Create a Calculated Exception to a Guardrails Azure Policy

Create a Calculated Exception to a Guardrails Azure Policy

In this guide you'll learn how to make dynamic policy exceptions based on resource tags. These Calculated Policies enable you to implement business logic when designing your governance controls.

Some typical examples of how to use calculated polices are:

This guide will walk you through a simple calculated policy based on resource tags.

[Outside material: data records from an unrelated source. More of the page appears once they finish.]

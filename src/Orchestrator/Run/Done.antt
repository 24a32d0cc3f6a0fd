-- ===== src/Orchestrator/Run/Done.antt =====
-- How a story of a run becomes 'done'.
use gateloop.Base.{
  String, true, Option, none, some, List, [], ◌∷◌, Ordering, ◌≡◌, refl, sym, ◌∙◌, ap, ◌⊎◌, inl, inr,
  arith, subst, All, All-map, All-mem, All-of_mem, Memᴰ, get_or,
}
use mathlib.Core.Option.{some-injective}
use gateloop.Orchestrator.State.{
  idle, validate, checkpoint, RuntimeStory, done, OrchestratorV0Action, develop_patch,
  run_validation, write_checkpoint, mark_story_done, retry_develop, stop_run, RuntimeDecision,
  TrackerState, ActionResult,
}
use gateloop.Orchestrator.Select.Laws.{IsDone}
use gateloop.Orchestrator.Decide.{find_story, decide_next_action}
use gateloop.Orchestrator.Decide.Laws.{NamesStory}
use gateloop.Orchestrator.Decide.Cause.{Cause, decide-Cause}
use gateloop.Orchestrator.Advance.{advance_tracker_state, active_id}
use gateloop.Orchestrator.Advance.Laws.{All-patch_story, effect, advance-stories}
use gateloop.Orchestrator.Run.{tick, run}

-- An executed tick: its decision and what executing it returned. A history has the newest first.
pub record Executed : Type 0 where
  pub decision : RuntimeDecision
  pub result : ActionResult

-- The validation of story `id` was run and passed.
pub record Passed (id : String) (e : Executed) : Type 0 where
  pub ran : e.decision.action ≡ run_validation
  pub of_story : e.decision.story_id ≡ some id
  pub verdict : e.result.validation_passed ≡ some true

pub record Did (action : OrchestratorV0Action) (id : String) (e : Executed) : Type 0 where
  pub acted : e.decision.action ≡ action
  pub of_story : e.decision.story_id ≡ some id

-- Somewhere in the history three ticks in a row passed the validation of `id`, wrote its checkpoint
-- and marked it done.
pub data Verified (id : String) : List Executed → Type 0 where
  chain :
      {mark write check : Executed} {past : List Executed}
      → Did mark_story_done id mark
      → Did write_checkpoint id write
      → Passed id check
      → Verified id (mark ∷ write ∷ check ∷ past)
  earlier : {e : Executed} {past : List Executed} → Verified id past → Verified id (e ∷ past)

abbrev pub HeadPassed : Option String → List Executed → Type 0
HeadPassed (some id) (check ∷ past) = Passed id check
HeadPassed _ _ = ⊥

abbrev pub HeadWritten : Option String → List Executed → Type 0
HeadWritten (some id) (write ∷ check ∷ past) = Did write_checkpoint id write × Passed id check
HeadWritten _ _ = ⊥

-- Between ticks: a passed verdict, or the state 'checkpoint', has its cause at the end of the history,
-- and every done story was done at the start (`P`) or is verified.
pub record Accounted (P : String → Type 0) (s : TrackerState) (past : List Executed) : Type 0 where
  pub passed :
      s.state ≡ validate → s.last_validation_passed ≡ some true → HeadPassed s.active_story_id past
  pub written : s.state ≡ checkpoint → HeadWritten s.active_story_id past
  pub settled : All (λ t. t.status ≡ done → P t.story_id ⊎ Verified t.story_id past) s.stories

module _ (locale_compare : String → String → Ordering) where
  pub history : TrackerState → List ActionResult → List Executed → List Executed
  history s [] past = past
  history s (r ∷ rs) past =
      history (tick locale_compare s r) rs
        (record { decision = decide_next_action locale_compare s; result = r } ∷ past)

HeadPassed-HeadWritten :
    (active_id : Option String) (e : Executed) (past : List Executed)
    → HeadPassed active_id past
    → e.decision.action ≡ write_checkpoint
    → e.decision.story_id ≡ active_id
    → HeadWritten active_id (e ∷ past)
HeadPassed-HeadWritten none e past h a i = h
HeadPassed-HeadWritten (some id) e [] h a i = h
HeadPassed-HeadWritten (some id) e (check ∷ past) h a i = (record { acted = a; of_story = i }, h)

HeadWritten-Verified :
    (active_id : Option String) (id : String) (e : Executed) (past : List Executed)
    → HeadWritten active_id past
    → active_id ≡ some id
    → Did mark_story_done id e
    → Verified id (e ∷ past)
HeadWritten-Verified none id e past h a d = absurd h
HeadWritten-Verified (some x) id e [] h a d = absurd h
HeadWritten-Verified (some x) id e (write ∷ []) h a d = absurd h
HeadWritten-Verified (some x) id e (write ∷ check ∷ past) (w, p) a d =
    let same : x ≡ id = some-injective x id a in
    chain d (subst (λ i. Did write_checkpoint i write) same w) (subst (λ i. Passed i check) same p)

-- A tick keeps the account, given the cause of its decision.
module _ (P : String → Type 0) (s : TrackerState) (d : RuntimeDecision) (r : ActionResult)
    (past : List Executed)
    (cause : Cause d.action s.state s.last_validation_passed s.active_story_id d.story_id)
    (acc : Accounted P s past) where
  abbrev now : Executed
  now = record { decision = d; result = r }

  advance-passed :
      let t = advance_tracker_state s d r in
      t.state ≡ validate
      → t.last_validation_passed ≡ some true
      → HeadPassed t.active_story_id (now ∷ past)
  unfolding advance_tracker_state
  advance-passed v p = ground (arith, cause)

  advance-written :
      let t = advance_tracker_state s d r in
      t.state ≡ checkpoint → HeadWritten t.active_story_id (now ∷ past)
  unfolding advance_tracker_state
  advance-written v =
      ground (arith, cause, acc.passed, HeadPassed-HeadWritten s.active_story_id now past)

  advance-Verified :
      (id : String) → d.action ≡ mark_story_done → d.story_id ≡ some id → Verified id (now ∷ past)
  advance-Verified id a i =
      let (at, (named, _)) =
        subst (λ x. Cause x s.state s.last_validation_passed s.active_story_id d.story_id) a
          cause in
      HeadWritten-Verified s.active_story_id id now past (acc.written at) (sym named ∙ i)
        (record { acted = a; of_story = i })

  abbrev Settled : List Executed → RuntimeStory → Type 0
  Settled h t = t.status ≡ done → P t.story_id ⊎ Verified t.story_id h

  Settled-later : (t : RuntimeStory) → Settled past t → Settled (now ∷ past) t
  Settled-later t h e = elim (h e) [ inl p ↦ inl p | inr v ↦ inr (earlier v) ]

  Settled-effect :
      (found : Option RuntimeStory) (t : RuntimeStory)
      → t.story_id ≡ active_id d s
      → Settled past t
      → Settled (now ∷ past) (effect d.action found d r t)
  Settled-effect found t named h = by_action d.action found refl
    where
      verified : d.action ≡ mark_story_done → Verified t.story_id (now ∷ past)
      verified a =
          let (_, (_, names)) =
            subst (λ x. Cause x s.state s.last_validation_passed s.active_story_id d.story_id) a
              cause in
          advance-Verified t.story_id a (of_names d.story_id names named)
        where
          of_names :
              (story_id : Option String)
              → NamesStory story_id
              → t.story_id ≡ get_or story_id (get_or s.active_story_id "")
              → story_id ≡ some t.story_id
          of_names none n e = absurd n
          of_names (some id) n e = ap some (sym e)

      by_action :
          (a : OrchestratorV0Action) (f : Option RuntimeStory)
          → d.action ≡ a
          → Settled (now ∷ past) (effect a f d r t)
      by_action mark_story_done f e k = inr (verified e)
      by_action develop_patch none e k = Settled-later t h k
      by_action develop_patch (some active) e k = Settled-later t h k
      by_action retry_develop f e k = Settled-later t h k
      by_action stop_run f e k = Settled-later t h k
      by_action run_validation f e k = ground arith
      by_action _ f e k = cc

  advance-Settled : All (Settled (now ∷ past)) (advance_tracker_state s d r).stories
  advance-Settled = elim (advance-stories s d r) [
    | inl same ↦
        subst (All (Settled (now ∷ past))) (sym same)
          (All-map (Settled past) (Settled (now ∷ past)) s.stories Settled-later acc.settled)
    | inr (_, patched) ↦ subst (All (Settled (now ∷ past))) (sym patched) (
        All-patch_story (Settled past) (Settled (now ∷ past)) (active_id d s)
          (effect d.action (find_story (active_id d s) s.stories) d r)
          (Settled-effect (find_story (active_id d s) s.stories)) (λ t _. Settled-later t) s.stories
          acc.settled)
  ]

  advance-Accounted : Accounted P (advance_tracker_state s d r) (now ∷ past)
  advance-Accounted = record {
    passed = advance-passed;
    written = advance-written;
    settled = advance-Settled;
  }

module _ (locale_compare : String → String → Ordering) where
  run-Accounted :
      (P : String → Type 0) (s : TrackerState) (rs : List ActionResult) (past : List Executed)
      → Accounted P s past
      → Accounted P (run locale_compare s rs) (history locale_compare s rs past)
  unfolding run history tick
  run-Accounted P s [] past acc = acc
  run-Accounted P s (r ∷ rs) past acc = run-Accounted P (tick locale_compare s r) rs _ (
      advance-Accounted P s (decide_next_action locale_compare s) r past
        (decide-Cause locale_compare s) acc)

  -- From 'idle', whatever the executed actions return: a story that is done at the end of a run was
  -- done at its start, or three ticks in a row of that run passed its validation, wrote its
  -- checkpoint and marked it done.
  pub done-Verified :
      (s : TrackerState) (rs : List ActionResult) (t : RuntimeStory)
      → s.state ≡ idle
      → Memᴰ t (run locale_compare s rs).stories
      → t.status ≡ done
      → IsDone s.stories t.story_id ⊎ Verified t.story_id (history locale_compare s rs [])
  done-Verified s rs t i m e =
      let P : String → Type 0 = IsDone s.stories in
      let start : Accounted P s [] = record {
        passed = λ v. cc;
        written = λ v. cc;
        settled = All-of_mem _ s.stories (λ u mu d. inl (u, mu, refl, d));
      } in
      All-mem _ (run locale_compare s rs).stories (run-Accounted P s rs [] start).settled m e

This is the seventh guide in the Getting started with Azure series.

Prerequisites

Step 1: Open the Policy Pack

Choose Policies from the top navigation bar. Select the Enforce Secure TLS Version for Azure Storage Accounts Policy Pack from the list on the right.

view-policy-packs

Step 2: Modify the policy setting

The TLS policy is currently Check: TLS 1.2. Use the pencil icon on the right side of the policy setting to edit the policy.

view-policy-pack

Step 3: Enable calculated mode

Select the blue Enable calculated mode link.

enable-calculated-mode

Step 4: Launch calculated policy builder

Select Launch calculated policy builder.

launch-calculated-policy-builder

Step 5: Choose test resource

Calculated policies work across all resources in scope of the policy setting. While building a calc policy it is useful to test the business logic against real resources in your environment. For this guide you will find and select one of the previously-created storage accounts by searching in the Test Resource field.

choose test resource

Step 6: Build query

In the Query Input field we will use Select Snippet to prepopulate our GraphQL query. Choose Get storage account from the dropdown.

snippet-dropdown-open

Step 7: View query result

Guardrails inserts a GraphQL query for storage account tags into the Input pane, and then runs the query against the selected test resource. The result, in the Output pane, shows there are no tags on the storage account.

snippet-active

Step 8: Add the Jinja2 template

Our business logic is created in the Template section, using Nunjucks syntax.

Copy this template code:

{% if $.storageAccount.turbot.tags.environment == "development" %}
'Skip'
{% else %}
'Check: TLS 1.2'
{% endif %}

And paste it into the template pane.

template-active

Guardrails evaluates the template in the context of the chosen Test Resource. The template output, Check: TLS, is the calculated policy value that will govern any storage account’s Azure > Storage > Storage Account > Minumum TLS Version policy if it is tagged with environment:development. Only these tagged storage accounts will be required to have TLS 1.2 enabled. Others will be skipped, whether or not they enable TLS 1.2.

The result confirms that Check: TLS 1.2 is valid for this policy type. Why? Because the test storage account does not have a tag { "environment": "development" }.

Select Update

Step 9: Save the calculated policy to the Policy Pack

Select Update.

update-policy-setting

Step 10: Observe controls for storage account TLS version

Navigate back to the Controls by State report and set the Type filter to Azure > Storage > Storage Account > Minimum TLS Version. Storage accounts with TLS 1.2 enabled will be in the OK state. Find one in the Alarm state to modify, and note its name.

revisit-controls-by-state

Step 11: Tag the storage account

Open the Azure portal in another tab, navigate to the storage account identified in the previous step, and assign the tag environment:development to it.

tag-storage-account

Step 12: Observe the effect

Return to the Controls by State report in the previous browser tab. Observe that Guardrails notices the change, reevaluates the resource, runs the calculated policy, and changes the status from Alarm to Skipped.

tagged-now-skipped

Step 13: Review

In this guide you created your first calculated policy and tested it using the control that governs the TLS version for storage accounts.